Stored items
◆ ◆ ◆ ◆ ◆
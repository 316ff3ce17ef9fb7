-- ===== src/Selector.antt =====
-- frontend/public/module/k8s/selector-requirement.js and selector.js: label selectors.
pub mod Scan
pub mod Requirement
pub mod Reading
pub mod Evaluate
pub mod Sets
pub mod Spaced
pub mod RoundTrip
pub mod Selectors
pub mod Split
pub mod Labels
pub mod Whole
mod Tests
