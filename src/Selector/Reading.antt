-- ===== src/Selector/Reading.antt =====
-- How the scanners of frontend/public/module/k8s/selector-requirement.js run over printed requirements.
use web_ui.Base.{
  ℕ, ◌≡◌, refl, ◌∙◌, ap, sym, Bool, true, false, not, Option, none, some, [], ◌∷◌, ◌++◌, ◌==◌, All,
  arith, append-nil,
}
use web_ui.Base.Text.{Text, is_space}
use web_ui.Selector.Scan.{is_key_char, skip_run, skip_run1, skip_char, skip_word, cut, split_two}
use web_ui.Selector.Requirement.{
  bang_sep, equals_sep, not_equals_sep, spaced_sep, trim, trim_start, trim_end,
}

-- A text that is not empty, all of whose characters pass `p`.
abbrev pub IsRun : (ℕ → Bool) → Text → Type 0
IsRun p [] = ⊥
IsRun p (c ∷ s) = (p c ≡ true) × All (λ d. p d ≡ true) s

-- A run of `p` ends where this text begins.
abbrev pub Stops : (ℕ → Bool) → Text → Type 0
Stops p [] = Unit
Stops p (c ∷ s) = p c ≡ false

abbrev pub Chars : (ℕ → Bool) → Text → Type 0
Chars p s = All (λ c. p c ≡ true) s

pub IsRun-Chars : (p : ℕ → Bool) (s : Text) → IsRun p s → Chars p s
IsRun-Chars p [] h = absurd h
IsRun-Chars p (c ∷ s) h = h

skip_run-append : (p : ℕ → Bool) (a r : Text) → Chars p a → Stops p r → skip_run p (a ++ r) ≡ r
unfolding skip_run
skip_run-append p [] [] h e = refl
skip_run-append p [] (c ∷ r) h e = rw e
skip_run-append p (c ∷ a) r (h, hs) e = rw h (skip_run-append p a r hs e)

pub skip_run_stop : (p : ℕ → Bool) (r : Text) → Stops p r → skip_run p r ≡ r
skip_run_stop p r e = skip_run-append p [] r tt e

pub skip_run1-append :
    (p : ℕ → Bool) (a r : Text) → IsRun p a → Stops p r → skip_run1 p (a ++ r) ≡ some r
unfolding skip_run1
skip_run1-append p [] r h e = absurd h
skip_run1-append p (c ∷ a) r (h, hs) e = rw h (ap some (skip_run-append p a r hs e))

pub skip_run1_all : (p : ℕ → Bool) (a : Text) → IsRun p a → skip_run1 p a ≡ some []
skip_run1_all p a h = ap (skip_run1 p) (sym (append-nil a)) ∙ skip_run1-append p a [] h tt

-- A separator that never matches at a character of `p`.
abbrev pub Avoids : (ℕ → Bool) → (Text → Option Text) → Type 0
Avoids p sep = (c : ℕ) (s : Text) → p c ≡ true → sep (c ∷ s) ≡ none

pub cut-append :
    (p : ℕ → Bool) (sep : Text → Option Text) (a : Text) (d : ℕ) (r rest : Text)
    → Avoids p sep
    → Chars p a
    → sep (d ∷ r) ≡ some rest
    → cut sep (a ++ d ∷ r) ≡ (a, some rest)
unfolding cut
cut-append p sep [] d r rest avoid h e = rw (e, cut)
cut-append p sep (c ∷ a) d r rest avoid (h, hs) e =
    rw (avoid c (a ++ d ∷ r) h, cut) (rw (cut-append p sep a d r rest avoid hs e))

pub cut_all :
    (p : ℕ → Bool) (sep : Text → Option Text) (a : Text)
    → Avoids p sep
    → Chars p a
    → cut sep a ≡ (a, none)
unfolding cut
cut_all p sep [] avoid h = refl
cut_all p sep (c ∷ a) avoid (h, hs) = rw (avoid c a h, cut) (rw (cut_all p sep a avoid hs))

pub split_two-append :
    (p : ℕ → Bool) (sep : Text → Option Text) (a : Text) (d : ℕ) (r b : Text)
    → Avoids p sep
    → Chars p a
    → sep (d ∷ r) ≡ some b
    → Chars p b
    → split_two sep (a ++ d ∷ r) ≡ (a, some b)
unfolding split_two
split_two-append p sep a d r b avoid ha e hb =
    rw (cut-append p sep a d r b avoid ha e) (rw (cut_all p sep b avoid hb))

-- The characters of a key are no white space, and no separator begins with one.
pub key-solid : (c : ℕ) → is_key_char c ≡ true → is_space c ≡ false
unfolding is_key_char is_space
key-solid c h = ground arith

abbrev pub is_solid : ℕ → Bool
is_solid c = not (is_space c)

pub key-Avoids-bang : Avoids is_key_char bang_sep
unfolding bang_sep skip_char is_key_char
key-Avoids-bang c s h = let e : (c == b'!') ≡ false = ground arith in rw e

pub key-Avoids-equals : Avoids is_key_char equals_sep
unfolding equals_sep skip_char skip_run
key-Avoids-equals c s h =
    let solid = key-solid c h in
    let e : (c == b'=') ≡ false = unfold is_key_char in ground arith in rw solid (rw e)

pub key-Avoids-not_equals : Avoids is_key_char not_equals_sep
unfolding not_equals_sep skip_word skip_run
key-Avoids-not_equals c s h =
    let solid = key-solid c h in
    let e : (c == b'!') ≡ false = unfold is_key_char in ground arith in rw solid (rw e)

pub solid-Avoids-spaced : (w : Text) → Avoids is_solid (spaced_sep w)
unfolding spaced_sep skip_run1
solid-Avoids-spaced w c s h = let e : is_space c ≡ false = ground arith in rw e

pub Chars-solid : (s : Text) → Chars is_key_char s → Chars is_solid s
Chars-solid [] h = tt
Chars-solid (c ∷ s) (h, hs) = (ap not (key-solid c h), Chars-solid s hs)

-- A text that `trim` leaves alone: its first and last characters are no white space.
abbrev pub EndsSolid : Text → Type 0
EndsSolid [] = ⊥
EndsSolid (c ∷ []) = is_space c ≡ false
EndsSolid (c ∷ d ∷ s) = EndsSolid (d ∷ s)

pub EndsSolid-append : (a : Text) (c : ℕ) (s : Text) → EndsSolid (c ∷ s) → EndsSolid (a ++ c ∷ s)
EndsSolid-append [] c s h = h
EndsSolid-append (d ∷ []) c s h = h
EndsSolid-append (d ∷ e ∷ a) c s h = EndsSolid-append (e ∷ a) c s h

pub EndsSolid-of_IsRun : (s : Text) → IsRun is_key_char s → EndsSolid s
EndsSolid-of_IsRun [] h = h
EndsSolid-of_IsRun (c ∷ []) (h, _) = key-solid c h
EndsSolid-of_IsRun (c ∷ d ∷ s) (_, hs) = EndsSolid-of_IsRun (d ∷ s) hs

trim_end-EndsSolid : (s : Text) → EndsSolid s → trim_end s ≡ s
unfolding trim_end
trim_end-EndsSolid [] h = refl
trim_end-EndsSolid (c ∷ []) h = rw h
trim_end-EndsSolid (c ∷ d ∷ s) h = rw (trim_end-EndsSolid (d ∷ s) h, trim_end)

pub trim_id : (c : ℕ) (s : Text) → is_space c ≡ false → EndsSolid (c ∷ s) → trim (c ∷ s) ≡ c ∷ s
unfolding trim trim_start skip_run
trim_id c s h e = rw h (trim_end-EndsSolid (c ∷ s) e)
◆ ◆ ◆ ◆ ◆
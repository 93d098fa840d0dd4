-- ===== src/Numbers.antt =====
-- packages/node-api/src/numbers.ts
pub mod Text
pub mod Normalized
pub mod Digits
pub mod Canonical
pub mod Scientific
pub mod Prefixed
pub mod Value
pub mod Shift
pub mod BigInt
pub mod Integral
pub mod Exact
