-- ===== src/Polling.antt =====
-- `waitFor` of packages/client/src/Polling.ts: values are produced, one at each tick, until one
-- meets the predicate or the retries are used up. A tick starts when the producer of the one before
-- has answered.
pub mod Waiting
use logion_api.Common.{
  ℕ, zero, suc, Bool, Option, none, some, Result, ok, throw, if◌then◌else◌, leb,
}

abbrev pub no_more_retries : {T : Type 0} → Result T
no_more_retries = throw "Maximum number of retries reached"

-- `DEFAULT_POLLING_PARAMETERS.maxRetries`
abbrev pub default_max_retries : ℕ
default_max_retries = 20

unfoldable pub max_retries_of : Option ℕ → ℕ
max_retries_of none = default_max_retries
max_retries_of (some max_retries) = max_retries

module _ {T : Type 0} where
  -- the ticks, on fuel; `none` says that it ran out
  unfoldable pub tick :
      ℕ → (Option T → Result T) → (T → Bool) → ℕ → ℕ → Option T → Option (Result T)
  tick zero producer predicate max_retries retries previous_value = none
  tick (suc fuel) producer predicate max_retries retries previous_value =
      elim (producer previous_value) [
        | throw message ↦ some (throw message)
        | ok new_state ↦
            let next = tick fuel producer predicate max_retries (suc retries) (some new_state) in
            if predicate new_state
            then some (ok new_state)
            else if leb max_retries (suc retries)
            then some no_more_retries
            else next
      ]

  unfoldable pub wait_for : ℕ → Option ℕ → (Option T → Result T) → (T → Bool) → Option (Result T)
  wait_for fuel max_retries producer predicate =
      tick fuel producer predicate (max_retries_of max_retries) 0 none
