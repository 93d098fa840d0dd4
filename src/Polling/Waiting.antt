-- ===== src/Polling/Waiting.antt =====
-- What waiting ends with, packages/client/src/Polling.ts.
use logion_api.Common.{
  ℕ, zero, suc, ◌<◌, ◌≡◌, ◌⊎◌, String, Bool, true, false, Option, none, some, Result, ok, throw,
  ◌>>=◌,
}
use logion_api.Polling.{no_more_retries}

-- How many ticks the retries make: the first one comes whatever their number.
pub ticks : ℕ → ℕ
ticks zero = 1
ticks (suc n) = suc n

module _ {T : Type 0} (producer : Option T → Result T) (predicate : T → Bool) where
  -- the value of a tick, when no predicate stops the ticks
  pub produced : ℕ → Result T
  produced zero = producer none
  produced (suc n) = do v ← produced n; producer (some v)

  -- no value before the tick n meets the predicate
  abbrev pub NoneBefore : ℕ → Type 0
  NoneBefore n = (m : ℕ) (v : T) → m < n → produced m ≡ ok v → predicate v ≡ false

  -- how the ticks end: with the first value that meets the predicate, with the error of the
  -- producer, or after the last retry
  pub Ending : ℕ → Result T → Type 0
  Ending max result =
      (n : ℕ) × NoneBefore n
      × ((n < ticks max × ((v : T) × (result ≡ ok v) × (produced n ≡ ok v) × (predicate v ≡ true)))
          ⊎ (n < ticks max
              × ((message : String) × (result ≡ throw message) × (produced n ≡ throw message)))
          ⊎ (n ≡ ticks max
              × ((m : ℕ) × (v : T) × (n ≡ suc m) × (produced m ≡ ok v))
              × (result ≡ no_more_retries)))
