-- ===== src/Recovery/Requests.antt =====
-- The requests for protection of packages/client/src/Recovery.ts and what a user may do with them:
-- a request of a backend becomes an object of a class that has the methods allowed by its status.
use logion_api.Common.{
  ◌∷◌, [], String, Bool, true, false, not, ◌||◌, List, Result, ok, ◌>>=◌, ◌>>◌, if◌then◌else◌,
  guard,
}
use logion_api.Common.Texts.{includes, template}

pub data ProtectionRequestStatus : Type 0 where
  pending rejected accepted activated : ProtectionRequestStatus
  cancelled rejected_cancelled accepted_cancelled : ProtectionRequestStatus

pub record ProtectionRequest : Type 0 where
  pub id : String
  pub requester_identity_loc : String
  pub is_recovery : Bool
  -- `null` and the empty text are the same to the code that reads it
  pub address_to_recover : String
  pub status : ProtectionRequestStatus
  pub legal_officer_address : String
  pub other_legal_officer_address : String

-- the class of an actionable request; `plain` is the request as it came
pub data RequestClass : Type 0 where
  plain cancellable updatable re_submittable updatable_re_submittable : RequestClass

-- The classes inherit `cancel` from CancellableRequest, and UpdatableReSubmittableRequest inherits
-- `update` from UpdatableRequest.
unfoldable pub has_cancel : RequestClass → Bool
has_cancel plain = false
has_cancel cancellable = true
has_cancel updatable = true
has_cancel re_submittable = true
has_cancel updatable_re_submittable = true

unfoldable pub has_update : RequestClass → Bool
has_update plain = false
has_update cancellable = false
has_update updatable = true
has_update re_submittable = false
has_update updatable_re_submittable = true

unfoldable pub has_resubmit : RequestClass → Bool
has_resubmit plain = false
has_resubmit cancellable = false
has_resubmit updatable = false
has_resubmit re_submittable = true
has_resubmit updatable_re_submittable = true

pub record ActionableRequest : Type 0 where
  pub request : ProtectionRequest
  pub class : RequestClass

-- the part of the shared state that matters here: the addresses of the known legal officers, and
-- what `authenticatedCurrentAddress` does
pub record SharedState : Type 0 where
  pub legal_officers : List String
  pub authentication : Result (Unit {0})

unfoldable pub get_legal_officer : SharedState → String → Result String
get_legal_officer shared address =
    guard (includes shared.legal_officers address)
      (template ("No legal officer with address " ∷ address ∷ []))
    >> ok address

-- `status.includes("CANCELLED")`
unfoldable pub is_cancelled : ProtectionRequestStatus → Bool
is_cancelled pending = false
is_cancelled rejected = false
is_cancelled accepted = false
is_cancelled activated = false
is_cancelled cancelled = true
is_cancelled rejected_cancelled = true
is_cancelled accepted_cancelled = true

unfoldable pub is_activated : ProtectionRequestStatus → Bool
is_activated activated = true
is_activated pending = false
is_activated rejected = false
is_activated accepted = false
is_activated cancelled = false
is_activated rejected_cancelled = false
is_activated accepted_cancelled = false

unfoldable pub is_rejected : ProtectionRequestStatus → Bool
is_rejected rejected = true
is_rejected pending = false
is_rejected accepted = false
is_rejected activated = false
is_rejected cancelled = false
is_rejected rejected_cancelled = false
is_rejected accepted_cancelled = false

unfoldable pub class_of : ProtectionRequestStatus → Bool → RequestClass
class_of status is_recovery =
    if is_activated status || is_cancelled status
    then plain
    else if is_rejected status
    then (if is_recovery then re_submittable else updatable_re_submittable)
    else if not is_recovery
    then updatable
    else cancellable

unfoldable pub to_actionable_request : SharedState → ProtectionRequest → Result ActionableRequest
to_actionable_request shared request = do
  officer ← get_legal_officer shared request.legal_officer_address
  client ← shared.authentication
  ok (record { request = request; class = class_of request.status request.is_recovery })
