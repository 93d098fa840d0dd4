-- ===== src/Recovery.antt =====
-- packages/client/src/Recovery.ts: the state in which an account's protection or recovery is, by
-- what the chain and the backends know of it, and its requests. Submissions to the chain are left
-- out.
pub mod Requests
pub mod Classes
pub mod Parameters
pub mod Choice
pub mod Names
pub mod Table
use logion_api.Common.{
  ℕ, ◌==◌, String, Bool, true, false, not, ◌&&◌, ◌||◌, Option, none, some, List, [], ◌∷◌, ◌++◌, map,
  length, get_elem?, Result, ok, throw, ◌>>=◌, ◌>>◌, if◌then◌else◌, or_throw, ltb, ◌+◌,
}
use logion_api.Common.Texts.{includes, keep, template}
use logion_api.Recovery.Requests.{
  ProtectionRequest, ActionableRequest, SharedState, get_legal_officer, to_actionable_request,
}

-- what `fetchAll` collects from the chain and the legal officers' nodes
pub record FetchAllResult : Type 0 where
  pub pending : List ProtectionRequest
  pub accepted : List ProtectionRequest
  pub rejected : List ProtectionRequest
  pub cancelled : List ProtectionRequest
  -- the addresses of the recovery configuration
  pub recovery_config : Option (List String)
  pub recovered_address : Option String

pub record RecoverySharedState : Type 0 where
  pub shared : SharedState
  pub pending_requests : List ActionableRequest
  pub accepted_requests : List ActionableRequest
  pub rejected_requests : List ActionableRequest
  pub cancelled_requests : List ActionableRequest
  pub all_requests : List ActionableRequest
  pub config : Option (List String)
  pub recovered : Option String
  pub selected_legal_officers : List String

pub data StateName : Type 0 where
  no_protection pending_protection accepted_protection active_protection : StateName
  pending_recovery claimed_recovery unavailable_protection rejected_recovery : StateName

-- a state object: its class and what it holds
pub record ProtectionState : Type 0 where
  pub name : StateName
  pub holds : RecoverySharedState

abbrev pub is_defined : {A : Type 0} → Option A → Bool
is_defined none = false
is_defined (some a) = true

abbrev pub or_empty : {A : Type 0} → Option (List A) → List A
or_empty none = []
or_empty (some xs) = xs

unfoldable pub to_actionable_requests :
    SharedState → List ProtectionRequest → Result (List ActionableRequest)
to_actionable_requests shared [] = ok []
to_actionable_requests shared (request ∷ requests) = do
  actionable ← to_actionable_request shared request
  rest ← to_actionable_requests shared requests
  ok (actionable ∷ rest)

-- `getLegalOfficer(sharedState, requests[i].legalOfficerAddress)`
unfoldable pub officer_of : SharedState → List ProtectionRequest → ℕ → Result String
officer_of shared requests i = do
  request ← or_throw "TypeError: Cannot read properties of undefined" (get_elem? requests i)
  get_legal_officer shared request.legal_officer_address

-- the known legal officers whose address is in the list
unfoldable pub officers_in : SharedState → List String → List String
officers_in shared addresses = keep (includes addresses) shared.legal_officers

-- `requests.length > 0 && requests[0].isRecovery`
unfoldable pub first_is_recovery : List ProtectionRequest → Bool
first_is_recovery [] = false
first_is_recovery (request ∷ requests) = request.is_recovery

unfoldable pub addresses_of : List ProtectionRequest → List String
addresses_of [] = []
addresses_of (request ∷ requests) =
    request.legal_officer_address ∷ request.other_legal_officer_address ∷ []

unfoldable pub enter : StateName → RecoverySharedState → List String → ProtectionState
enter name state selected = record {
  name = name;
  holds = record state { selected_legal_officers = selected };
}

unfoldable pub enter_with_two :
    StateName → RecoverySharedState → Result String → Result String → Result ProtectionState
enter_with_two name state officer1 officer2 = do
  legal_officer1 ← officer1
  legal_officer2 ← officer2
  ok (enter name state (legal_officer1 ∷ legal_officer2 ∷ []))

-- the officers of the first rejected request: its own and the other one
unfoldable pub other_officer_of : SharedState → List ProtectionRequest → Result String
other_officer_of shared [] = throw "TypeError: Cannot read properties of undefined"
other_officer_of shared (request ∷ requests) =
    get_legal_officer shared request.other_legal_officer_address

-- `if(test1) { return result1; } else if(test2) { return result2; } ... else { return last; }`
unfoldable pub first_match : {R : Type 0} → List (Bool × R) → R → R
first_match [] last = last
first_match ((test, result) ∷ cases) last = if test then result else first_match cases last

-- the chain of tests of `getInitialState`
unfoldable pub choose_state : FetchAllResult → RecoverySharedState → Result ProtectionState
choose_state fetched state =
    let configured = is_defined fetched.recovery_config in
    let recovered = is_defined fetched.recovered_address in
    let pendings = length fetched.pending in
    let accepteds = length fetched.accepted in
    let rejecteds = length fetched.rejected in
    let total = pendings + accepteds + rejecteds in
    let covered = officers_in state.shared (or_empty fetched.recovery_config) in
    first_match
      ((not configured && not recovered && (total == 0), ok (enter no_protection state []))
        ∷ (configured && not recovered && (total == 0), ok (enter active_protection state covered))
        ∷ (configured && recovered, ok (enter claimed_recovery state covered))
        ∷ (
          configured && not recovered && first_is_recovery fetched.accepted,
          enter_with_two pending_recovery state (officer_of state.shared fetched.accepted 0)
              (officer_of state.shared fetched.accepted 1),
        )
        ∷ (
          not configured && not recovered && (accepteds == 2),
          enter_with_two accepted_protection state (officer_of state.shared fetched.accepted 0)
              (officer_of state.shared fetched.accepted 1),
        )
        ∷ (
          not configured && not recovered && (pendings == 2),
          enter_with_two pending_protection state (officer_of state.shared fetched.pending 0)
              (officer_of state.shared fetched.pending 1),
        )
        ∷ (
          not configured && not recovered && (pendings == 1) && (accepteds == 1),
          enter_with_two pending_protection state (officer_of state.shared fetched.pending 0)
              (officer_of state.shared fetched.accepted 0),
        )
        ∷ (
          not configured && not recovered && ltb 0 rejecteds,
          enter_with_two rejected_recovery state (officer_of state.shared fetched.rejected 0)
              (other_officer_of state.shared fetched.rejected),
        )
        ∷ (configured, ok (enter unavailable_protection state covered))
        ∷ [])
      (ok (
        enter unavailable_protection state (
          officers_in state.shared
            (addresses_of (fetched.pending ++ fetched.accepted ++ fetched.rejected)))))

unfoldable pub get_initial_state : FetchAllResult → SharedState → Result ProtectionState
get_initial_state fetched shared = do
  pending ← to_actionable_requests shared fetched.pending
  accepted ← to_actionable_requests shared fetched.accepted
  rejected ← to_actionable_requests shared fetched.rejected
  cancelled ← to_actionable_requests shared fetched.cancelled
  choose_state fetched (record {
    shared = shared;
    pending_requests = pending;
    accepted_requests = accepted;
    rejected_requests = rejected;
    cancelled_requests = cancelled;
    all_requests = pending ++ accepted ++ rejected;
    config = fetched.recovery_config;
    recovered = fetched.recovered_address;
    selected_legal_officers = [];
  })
◆ ◆ ◆ ◆ ◆
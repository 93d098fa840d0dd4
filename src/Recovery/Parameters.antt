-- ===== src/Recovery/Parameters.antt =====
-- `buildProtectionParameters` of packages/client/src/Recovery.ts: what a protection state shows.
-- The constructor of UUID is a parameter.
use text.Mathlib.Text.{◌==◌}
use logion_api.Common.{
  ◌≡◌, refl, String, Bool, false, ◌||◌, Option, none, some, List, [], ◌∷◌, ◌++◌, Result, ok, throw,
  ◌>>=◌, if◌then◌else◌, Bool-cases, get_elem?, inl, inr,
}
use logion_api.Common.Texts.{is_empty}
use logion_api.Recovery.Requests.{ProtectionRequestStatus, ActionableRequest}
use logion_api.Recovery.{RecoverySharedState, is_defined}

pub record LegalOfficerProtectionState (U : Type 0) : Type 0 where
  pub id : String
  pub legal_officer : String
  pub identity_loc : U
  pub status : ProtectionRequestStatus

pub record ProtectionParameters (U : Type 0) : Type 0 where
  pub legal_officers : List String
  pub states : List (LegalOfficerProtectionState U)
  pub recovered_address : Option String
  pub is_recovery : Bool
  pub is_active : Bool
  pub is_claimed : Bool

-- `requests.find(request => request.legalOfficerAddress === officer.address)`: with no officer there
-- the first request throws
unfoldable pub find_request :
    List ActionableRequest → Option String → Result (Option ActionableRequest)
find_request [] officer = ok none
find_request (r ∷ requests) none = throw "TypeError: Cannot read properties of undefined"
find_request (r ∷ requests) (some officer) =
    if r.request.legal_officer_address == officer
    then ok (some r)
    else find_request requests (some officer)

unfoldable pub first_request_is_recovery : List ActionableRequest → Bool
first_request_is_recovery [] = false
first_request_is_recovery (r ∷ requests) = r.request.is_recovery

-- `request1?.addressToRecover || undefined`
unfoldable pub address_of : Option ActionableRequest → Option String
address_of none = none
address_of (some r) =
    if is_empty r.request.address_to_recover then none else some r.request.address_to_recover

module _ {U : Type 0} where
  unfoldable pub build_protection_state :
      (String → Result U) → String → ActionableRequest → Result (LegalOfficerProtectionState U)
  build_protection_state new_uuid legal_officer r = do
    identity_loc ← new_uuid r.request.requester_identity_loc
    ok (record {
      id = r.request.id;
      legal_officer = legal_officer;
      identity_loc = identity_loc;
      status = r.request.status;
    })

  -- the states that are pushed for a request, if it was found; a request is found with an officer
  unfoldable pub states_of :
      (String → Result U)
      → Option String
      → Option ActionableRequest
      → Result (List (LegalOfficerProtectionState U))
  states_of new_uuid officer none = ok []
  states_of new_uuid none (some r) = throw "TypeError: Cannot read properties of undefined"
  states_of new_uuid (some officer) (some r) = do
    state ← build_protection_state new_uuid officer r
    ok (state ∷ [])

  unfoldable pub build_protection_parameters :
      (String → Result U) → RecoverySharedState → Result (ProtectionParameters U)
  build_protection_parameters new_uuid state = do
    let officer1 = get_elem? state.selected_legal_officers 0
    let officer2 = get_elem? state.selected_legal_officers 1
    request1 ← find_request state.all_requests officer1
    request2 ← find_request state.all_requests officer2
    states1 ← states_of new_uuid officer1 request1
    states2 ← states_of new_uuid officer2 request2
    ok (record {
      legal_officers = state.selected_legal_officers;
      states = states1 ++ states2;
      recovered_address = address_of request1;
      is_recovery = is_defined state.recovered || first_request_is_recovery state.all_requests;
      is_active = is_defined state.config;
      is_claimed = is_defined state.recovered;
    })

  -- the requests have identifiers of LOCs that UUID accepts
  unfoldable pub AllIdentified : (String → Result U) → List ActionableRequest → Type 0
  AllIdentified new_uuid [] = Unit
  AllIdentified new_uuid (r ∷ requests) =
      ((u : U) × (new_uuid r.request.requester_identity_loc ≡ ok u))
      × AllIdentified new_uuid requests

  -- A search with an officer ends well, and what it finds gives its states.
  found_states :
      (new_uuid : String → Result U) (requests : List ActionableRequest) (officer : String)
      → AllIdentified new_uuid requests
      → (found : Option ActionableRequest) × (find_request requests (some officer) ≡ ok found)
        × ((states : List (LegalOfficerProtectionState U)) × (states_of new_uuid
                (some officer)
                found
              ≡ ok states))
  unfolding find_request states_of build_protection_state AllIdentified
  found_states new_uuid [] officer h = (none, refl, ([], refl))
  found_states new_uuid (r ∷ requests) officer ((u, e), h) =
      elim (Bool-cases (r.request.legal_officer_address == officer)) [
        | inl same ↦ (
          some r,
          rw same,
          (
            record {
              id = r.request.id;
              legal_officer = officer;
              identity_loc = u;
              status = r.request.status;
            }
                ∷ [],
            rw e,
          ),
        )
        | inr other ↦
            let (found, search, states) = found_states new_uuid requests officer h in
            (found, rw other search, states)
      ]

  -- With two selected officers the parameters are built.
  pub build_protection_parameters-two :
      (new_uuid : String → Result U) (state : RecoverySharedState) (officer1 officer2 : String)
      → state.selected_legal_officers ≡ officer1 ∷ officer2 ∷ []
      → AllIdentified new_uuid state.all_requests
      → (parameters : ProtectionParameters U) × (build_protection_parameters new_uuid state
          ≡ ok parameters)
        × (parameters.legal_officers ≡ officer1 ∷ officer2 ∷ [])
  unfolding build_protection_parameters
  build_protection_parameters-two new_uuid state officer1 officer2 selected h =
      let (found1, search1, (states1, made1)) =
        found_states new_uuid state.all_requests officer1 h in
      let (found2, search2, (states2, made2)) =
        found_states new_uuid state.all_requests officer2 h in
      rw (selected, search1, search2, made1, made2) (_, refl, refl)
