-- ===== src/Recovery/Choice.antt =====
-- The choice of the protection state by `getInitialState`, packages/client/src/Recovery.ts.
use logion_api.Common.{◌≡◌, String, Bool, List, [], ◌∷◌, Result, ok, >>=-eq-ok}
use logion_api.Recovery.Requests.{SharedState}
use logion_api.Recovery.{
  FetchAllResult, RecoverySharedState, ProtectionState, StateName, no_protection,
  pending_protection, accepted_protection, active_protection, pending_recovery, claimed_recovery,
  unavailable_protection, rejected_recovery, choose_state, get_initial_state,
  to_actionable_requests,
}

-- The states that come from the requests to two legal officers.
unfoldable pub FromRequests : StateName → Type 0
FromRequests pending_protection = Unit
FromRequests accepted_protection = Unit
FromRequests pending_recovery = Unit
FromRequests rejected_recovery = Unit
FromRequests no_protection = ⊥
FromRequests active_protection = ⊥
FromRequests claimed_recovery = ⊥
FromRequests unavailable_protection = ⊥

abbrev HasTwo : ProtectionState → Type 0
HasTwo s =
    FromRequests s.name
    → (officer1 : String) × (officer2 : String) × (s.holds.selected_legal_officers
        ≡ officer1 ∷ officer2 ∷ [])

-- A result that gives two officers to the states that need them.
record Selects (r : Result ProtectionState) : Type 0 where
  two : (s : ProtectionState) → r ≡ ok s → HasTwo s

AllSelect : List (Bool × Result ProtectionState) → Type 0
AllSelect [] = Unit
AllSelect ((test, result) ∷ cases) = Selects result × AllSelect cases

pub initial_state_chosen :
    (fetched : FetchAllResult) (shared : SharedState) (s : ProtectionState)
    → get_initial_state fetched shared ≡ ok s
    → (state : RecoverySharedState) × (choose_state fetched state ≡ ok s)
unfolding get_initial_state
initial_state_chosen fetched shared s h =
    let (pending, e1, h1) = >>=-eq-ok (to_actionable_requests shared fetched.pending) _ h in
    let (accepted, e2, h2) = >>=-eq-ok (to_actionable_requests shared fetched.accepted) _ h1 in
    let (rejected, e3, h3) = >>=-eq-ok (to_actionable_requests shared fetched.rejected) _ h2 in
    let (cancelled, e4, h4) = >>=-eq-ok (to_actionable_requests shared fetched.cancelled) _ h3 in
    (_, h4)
◆ ◆ ◆ ◆ ◆
Retype exactly, and only, the lines above from the one where "pub EndsSolid-of_IsRun : (s" occurs up to and including the one where "trim_id c s" occurs.

▶ **TASK RESPONSE**:
pub EndsSolid-of_IsRun : (s : Text) → IsRun is_key_char s → EndsSolid s
EndsSolid-of_IsRun [] h = h
EndsSolid-of_IsRun (c ∷ []) (h, _) = key-solid c h
EndsSolid-of_IsRun (c ∷ d ∷ s) (_, hs) = EndsSolid-of_IsRun (d ∷ s) hs

trim_end-EndsSolid : (s : Text) → EndsSolid s → trim_end s ≡ s
unfolding trim_end
trim_end-EndsSolid [] h = refl
trim_end-EndsSolid (c ∷ []) h = rw h
trim_end-EndsSolid (c ∷ d ∷ s) h = rw (trim_end-EndsSolid (d ∷ s) h, trim_end)

pub trim_id : (c : ℕ) (s : Text) → is_space c ≡ false → EndsSolid (c ∷ s) → trim (c ∷ s) ≡ c ∷ s
unfolding trim trim_start skip_run
trim_id c s h e = rw h (trim_end-EndsSolid (c ∷ s) e)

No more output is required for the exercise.